■ **Recorded information**
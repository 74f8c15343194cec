-- ===== src/Prelude/Effect.antt =====
-- A request handler as a function of the state that it runs on: it throws an error or returns a
-- value, and leaves a state. What was written before a throw stays written; only a transaction
-- takes it back (Data/Session).
pub mod Rules
use mathlib.Core.Bool.{Bool, true, false}
use mathlib.Core.Option.{Option, none, some}

-- What a handler of the source throws. `record_missing` is the error of the database itself.
pub data Error : Type 0 where
  assignment_not_found offer_not_active offer_expired slots_filled guardian_not_found : Error
  no_pay_policy modified_concurrently job_not_found job_transition_refused : Error
  unexpected_status transition_refused shift_state_not_found record_missing : Error
  guardian_not_active guardian_not_verified certification_required no_org_access replacement_pending
        not_on_site :
      Error
  replacement_workflow early_release_not_allowed not_awaiting_early_release : Error
  replacement_in_progress job_not_in_progress not_awaiting_replacement : Error
  departing_not_awaiting_relief substitute_status missing_departing : Error
  original_not_ready remain_on_site cannot_complete cannot_no_show : Error
  job_not_completable not_seeking_replacement no_departing : Error
  job_not_dispatchable draft_invoice_failed otp_already_sent too_many_attempts otp_not_delivered :
      Error
  otp_invalid otp_attempts_exceeded : Error
  invoice_not_found invoice_disputed invoice_paid invoice_not_disputable invoice_not_disputed :
      Error
  void_reason_required same_replacement_invoice replacement_not_found replacement_of_other_org :
      Error
  no_completed_assignment no_billing_policy no_service invoice_needs_times no_applicable_rate :
      Error
  payment_not_found invoice_not_issued organization_not_found org_pending_verification
        location_setup_required :
      Error
  earnings_not_payable payout_amount_zero payout_not_found : Error
  job_not_cancellable job_not_confirmable guardian_scope_mismatch booking_too_short : Error

pub data Result {ℓ} (A : Type ℓ) : Type ℓ where
  ok : A → Result A
  err : Error → Result A

abbrev pub St {ℓ} : Type ℓ → Type ℓ → Type ℓ
St S A = S → Result A × S

module _ {S : Type 0} where
  unfoldable pub pure : {A : Type 0} → A → St S A
  pure a s = (ok a, s)

  -- `if (test) throw e`
  unfoldable pub throw_if : Bool → Error → St S (Unit {0})
  throw_if true e s = (err e, s)
  throw_if false e s = (ok tt, s)

  -- `if (!x) throw e`, with `x` from then on
  unfoldable pub some_or_throw : {A : Type 0} → Option A → Error → St S A
  some_or_throw none e s = (err e, s)
  some_or_throw (some a) e s = (ok a, s)

  unfoldable pub gets : {A : Type 0} → (S → A) → St S A
  gets f s = (ok (f s), s)

  -- `if (test) { … }`
  unfoldable pub when : Bool → St S (Unit {0}) → St S (Unit {0})
  when true m s = m s
  when false m s = (ok tt, s)

  -- `if (test) { return … } …`
  unfoldable pub branch : {A : Type 0} → Bool → St S A → St S A → St S A
  branch true m k s = m s
  branch false m k s = k s

  -- `try { check } catch { throw e }`
  unfoldable pub or_throw : Result (Unit {0}) → Error → St S (Unit {0})
  or_throw (ok a) e s = (ok tt, s)
  or_throw (err e') e s = (err e, s)

  -- a check that throws its own error
  unfoldable pub lift_result : Result (Unit {0}) → St S (Unit {0})
  lift_result r s = (r, s)

-- what follows a step: nothing, once it has thrown
abbrev pub continue : {S A B : Type 0} → (A → St S B) → Result A × S → Result B × S
continue f (ok a, s) = f a s
continue f (err e, s) = (err e, s)

-- Opening the bind opens the steps above too.
infixl 5 ◌>>=◌ ◌>>◌
unfoldable pub ◌>>=◌ : {S A B : Type 0} → St S A → (A → St S B) → St S B
unfolding pure throw_if some_or_throw gets when branch or_throw lift_result
◌>>=◌ m f s = continue f (m s)

abbrev pub ◌>>◌ : {S B : Type 0} → St S (Unit {0}) → St S B → St S B
m >> k = m >>= λ _. k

■ **Exercise description**
Return each line from the data where the string "gets" can be found.

■ **Answer section**
  unfoldable pub gets : {A : Type 0} → (S → A) → St S A
  gets f s = (ok (f s), s)
unfolding pure throw_if some_or_throw gets when branch or_throw lift_result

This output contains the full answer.